Am vergangenen Sonntag hat erneut ein Blutbad im US-Bundesstaat Wisconsin weltweit Schock und Entsetzen ausgelöst. Auch in diesem Fall hatte der Täter wahrscheinlich rassistische Motive, als er sechs Menschen in einem Sikh-Tempel erschoss. Die Behörden gehen von "heimischem Terrorismus" aus. Medien identifizierten den Schützen als den 40 Jahre alten Ex-Soldaten Wade Michael Page, der 1998 wegen wiederholten Ungehorsams aus dem Militär entlassen worden sei. Nach "CNN"-Berichten war der Schütze Mitglied einer Neonazi-Band. Er habe mit seiner Freundin zusammengelebt, sei verschlossen und „widerborstig“ gewesen, hieß es unter Berufung auf Nachbarn. Vertreter einer Bürgerrechtsorganisation bezeichneten Page als bekannten Extremisten, der glaubte, die weiße Rasse sei anderen überlegen. Er soll eine Gruppe solcher Eiferer angeführt haben. Die Behörden wollten diese Berichte weder bestätigen noch dementieren. Augenzeugen wollten beim Täter eine Tätowierung gesehen haben, die an „9/11“ erinnert habe.

Lizenz zum Töten

Die beiden Fälle offenbaren zweierlei aus dem Land der unbegrenzten Möglichkeiten: Outlaws wie Zimmermann oder Page, die ihre Waffe zücken und scheinbar wahllos Leute erschießen, um ihren Hass auf Fremde zu stillen, berufen sich auf ein Gesetz, dass an den Wilden Westen erinnert: Waffenträger müssen keine weiße Weste haben, und genau das macht das Gesetz so unglaublich bedrohlich: Auch Ex-Häftlinge und Vorbestrafte, die als gefährlich und gewalttätig gelten, können eine Waffe haben. "Stand your Ground" oder "John-Wayne-Gesetz" heisst das Gesetz und kommt einem Blankocheck zum Töten gleich - für jeden, der sich bedroht fühlt. Eingeführt 2005 von Jeb Bush, dem jüngeren Bruder des damaligen US-Präsidenten George W. Bush, mit Hilfe der Waffenlobby National Rifle Association (NRA).
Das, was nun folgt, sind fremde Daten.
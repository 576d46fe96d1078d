-- ===== src/Edge/Pool/Install.antt =====
-- `install` of internal/edge/pool.go: a pool takes over the targets of a route. Go's two loops are
-- folds over a record of their variables. The map `old` is keyed by replica and written in order,
-- so that a later target of the same replica hides an earlier one.
use caramelo.Common.{
  ℕ, suc, Bool, true, false, not, ◌&&◌, List, [], ◌∷◌, ◌++◌, Option, none, some, ◌==◌, nat_eq,
  Bytes, if◌then◌else◌, length, ltb, leb, insert, erase, lookup, loop,
}
use caramelo.Edge.{Target, Route, draining, state_eq, Event, target_event}
use caramelo.Edge.Host.{normalize_host}
use caramelo.Edge.Pool.State.{Tracked, RoutePool, no_counts, live, drained, snapshot, default_drain}

unfoldable pub by_replica : List (ℕ × Tracked) → List Tracked → List (ℕ × Tracked)
by_replica old [] = old
by_replica old (ts ∷ tss) = by_replica (insert ts.t.replica ts old) tss

-- The variables of the loop over the route's targets; the counter is the package's `incarnations`.
pub record Pass : Type 0 where
  pub old : List (ℕ × Tracked)
  pub incarnations : ℕ
  pub next : List Tracked
  pub events : List Event
  pub draining : List Target

unfoldable pub fresh : ℕ → ℕ → Target → Tracked
fresh now incarnation want = record {
  t = record want { inflight = 0; since = if want.since == 0 then now else want.since };
  failed_until = 0;
  conns = [];
  reported = false;
  incarnation = incarnation;
  counted = no_counts;
}

unfoldable pub kept : ℕ → Target → Tracked → Tracked
kept now want ts =
    if ts.t.state == want.state
    then record ts { t = record (ts.t) { detail = want.detail } }
    else record ts {
      t = record (ts.t) { detail = want.detail; state = want.state; since = now };
      reported = if want.state == draining then false else ts.reported;
    }

-- `t` as a list of its own if it is draining.
unfoldable pub if_draining : Target → List Target
if_draining t = if t.state == draining then t ∷ [] else []

unfoldable pub add_fresh : Bytes → ℕ → Pass → Tracked → Pass
unfolding if_draining
add_fresh host now pass ts = record pass {
  incarnations = ts.incarnation;
  next = pass.next ++ ts ∷ [];
  events = pass.events ++ target_event host ts.t now ∷ [];
  draining = pass.draining ++ if_draining ts.t;
}

unfoldable pub add_kept : Bytes → ℕ → Pass → Target → Tracked → Pass
unfolding kept if_draining
add_kept host now pass want ts =
    let new = kept now want ts in
    record pass {
      old = erase want.replica pass.old;
      next = pass.next ++ new ∷ [];
      events =
          if ts.t.state == want.state
          then pass.events
          else pass.events ++ target_event host (live new) now ∷ [];
      draining =
          if ts.t.state == want.state then pass.draining else pass.draining ++ if_draining new.t;
    }

-- A target is taken over if it has the replica and the port that the route wants.
unfoldable pub reusable : Target → Option Tracked → Option Tracked
reusable want none = none
reusable want (some ts) = if ts.t.port == want.port then some ts else none

unfoldable pub install_target : Bytes → ℕ → Pass → Target → Pass
unfolding add_fresh add_kept reusable fresh
install_target host now pass want = elim (reusable want (lookup want.replica pass.old)) [
  | none ↦ add_fresh host now pass (fresh now (suc pass.incarnations) want)
  | some ts ↦ add_kept host now pass want ts
]

unfoldable pub insert_sorted : Tracked → List Tracked → List Tracked
insert_sorted ts [] = ts ∷ []
insert_sorted ts (x ∷ xs) =
    if leb ts.t.replica x.t.replica then ts ∷ x ∷ xs else x ∷ insert_sorted ts xs

-- sort.Slice by replica.
unfoldable pub sort_tracked : List Tracked → List Tracked
unfolding insert_sorted
sort_tracked [] = []
sort_tracked (x ∷ xs) = insert_sorted x (sort_tracked xs)

-- The second loop: a target that is to drain and has nothing open has drained already.
unfoldable pub is_idle : Tracked → Bool
is_idle ts = ts.t.state == draining && length ts.conns == 0 && not ts.reported

unfoldable pub report_idle : Tracked → Tracked
unfolding is_idle
report_idle ts = if is_idle ts then record ts { reported = true } else ts

unfoldable pub report_all : List Tracked → List Tracked
unfolding report_idle
report_all [] = []
report_all (ts ∷ tss) = report_idle ts ∷ report_all tss

unfoldable pub idle_events : Bytes → ℕ → List Tracked → List Event
unfolding is_idle
idle_events host now [] = []
idle_events host now (ts ∷ tss) =
    let rest = idle_events host now tss in
    if is_idle ts
    then drained host (live (record ts { reported = true })) false 0 now ∷ rest
    else rest

unfoldable pub settle_drain : ℕ → ℕ → ℕ
settle_drain wanted option =
    if ltb 0 wanted then wanted else if ltb 0 option then option else default_drain

pub record Installed : Type 0 where
  pub pool : RoutePool
  pub incarnations : ℕ
  pub events : List Event
  pub draining : List Target

unfoldable pub install_pass : ℕ → ℕ → Route → RoutePool → Pass
unfolding install_target by_replica
install_pass now incarnations r p =
    loop (install_target (normalize_host r.host) now)
      (record {
        old = by_replica [] p.targets;
        incarnations = incarnations;
        next = [];
        events = [];
        draining = [];
      })
      r.targets

unfoldable pub install : ℕ → ℕ → Route → RoutePool → Installed
unfolding install_pass sort_tracked report_all idle_events settle_drain snapshot
install now incarnations r p =
    let host = normalize_host r.host in
    let pass = install_pass now incarnations r p in
    let sorted = sort_tracked pass.next in
    record {
      pool = snapshot now (record p {
        host = host;
        drain = settle_drain r.drain p.drain_option;
        targets = report_all sorted;
        next = if leb (length sorted) p.next then 0 else p.next;
      });
      incarnations = pass.incarnations;
      events = pass.events ++ idle_events host now sorted;
      draining = pass.draining;
    }

unfoldable pub empty_pool : ℕ → Route → RoutePool
empty_pool drain_option r = record {
  host = normalize_host r.host;
  drain_option = drain_option;
  drain = 0;
  targets = [];
  next = 0;
  seq = 0;
  unrouted = no_counts;
  marks = [];
}

-- NewPool drops the events of its first install.
unfoldable pub new_pool : ℕ → ℕ → ℕ → Route → Installed
unfolding install empty_pool
new_pool now incarnations drain_option r =
    let done = install now incarnations r (empty_pool drain_option r) in record done { events = [] }
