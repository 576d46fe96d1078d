-- ===== src/Edge/Pool/Pick.antt =====
-- `Pick` of internal/edge/pool.go: round robin over the targets that may take a request.
pub mod Rotation
use caramelo.Common.{
  ℕ, zero, suc, ◌+◌, ◌%◌, ◌-◌, ◌≤◌, ◌<◌, ◌≡◌, refl, Bool, true, false, not, ◌&&◌, ◌||◌, List, [],
  ◌∷◌, ◌++◌, Option, none, some, ◌==◌, nat_eq, arith, if◌then◌else◌, length, ltb, get_elem?, any,
  find?, take, drop, Bool-cases,
}
use caramelo.Edge.{Target, routable}
use caramelo.Edge.Pool.State.{Tracked, RoutePool, live}

unfoldable pub contains : List ℕ → ℕ → Bool
contains xs x = any (λ v. v == x) xs

-- The test by which the loop passes a target over.
unfoldable pub passed_over : List ℕ → ℕ → Tracked → Bool
unfolding contains routable
passed_over skip now ts =
    not (routable ts.t.state) || contains skip ts.t.replica || ltb now ts.failed_until

-- The loop, with the rounds left and `i`; the result is the index and the target.
unfoldable pub pick_loop : RoutePool → List ℕ → ℕ → ℕ → ℕ → Option (ℕ × Tracked)
pick_loop p skip now zero i = none
pick_loop p skip now (suc rounds) i =
    let rest = pick_loop p skip now rounds (i + 1) in
    let idx = (p.next + i) % length p.targets in
    elim (get_elem? p.targets idx) [
      | none ↦ none
      | some ts ↦ if passed_over skip now ts then rest else some (idx, ts)
    ]

unfoldable pub picked : RoutePool → Option (ℕ × Tracked) → RoutePool × Option Target
picked p none = (p, none)
picked p (some (idx, ts)) = (record p { next = (idx + 1) % length p.targets }, some (live ts))

unfoldable pub pick : List ℕ → ℕ → RoutePool → RoutePool × Option Target
unfolding pick_loop picked passed_over
pick skip now p = picked p (pick_loop p skip now (length p.targets) 0)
Andererseits zeigen die Fälle auch, dass sich viele Weiße wie Page und Zimmermann offenbar von anderen Ethnien bedroht fühlen. Ein Bericht des US-Zensus vom August 2008 besagt: Im Jahr 2042 werden die Weißen in den USA zum ersten Mal eine Minderheit stellen. Schwarze, Asiaten und vor allem die rasant wachsende ethnische Gruppe der Hispanics werden in Zukunft in Amerika in der Mehrheit sein. Das typisch amerikanische Urbild - weiß, protestantisch, patriotisch und angelsächsisch - wird spätestens dann ausgedient haben. "Joe the Plumber" stirbt aus. Genau in diesem amerikanischen Schmelztiegel gibt es mehr Bruchlinien und Trennendes als man von außen gemeinhin wahrnimmt. Gemeinsam mit dem Waffenarsenal in privaten Händen ist dieser Rassismus Brennholz für einen gewalttätigen Flächenbrand.

Das letzte Aufbäumen?

Denn hier scheint es sich nicht bloß um eine Identitätskrise einzelner weißen Rassisten zu handeln. Vielmehr zeigt es die Angst vor einem Statusverlust, die anscheinend immer mehr Weiße dazu treibt, sich mit nationalistischen Gruppen zu solidarisieren, "Stormfront", "Nationalist Coalition", "American Renaissance" oder dem Ku-Klux-Klan. Gruppierungen allesamt, die als Sammelbecken für Rechtskonservative und Neonazis dienen, und die einen rasanten Mitgliederanstieg verzeichnen. Genaue Zahlen gibt es nicht, aber die jüdische Anti-Diffamierungs-Liga, die den Ku-Klux-Klan aufmerksam beobachtet, spricht von einem "Erwachen", einem "Aufrüsten", einem "Widerstand von rechts".

Vielleicht sind die Taten dieser weißen Rassisten ein letztes Aufbäumen. Ein letzter Versuch, die alte Zeit zurück zu bekommen. Die Zeit, in der vermeintlich alles besser war für einen Weißen in Amerika.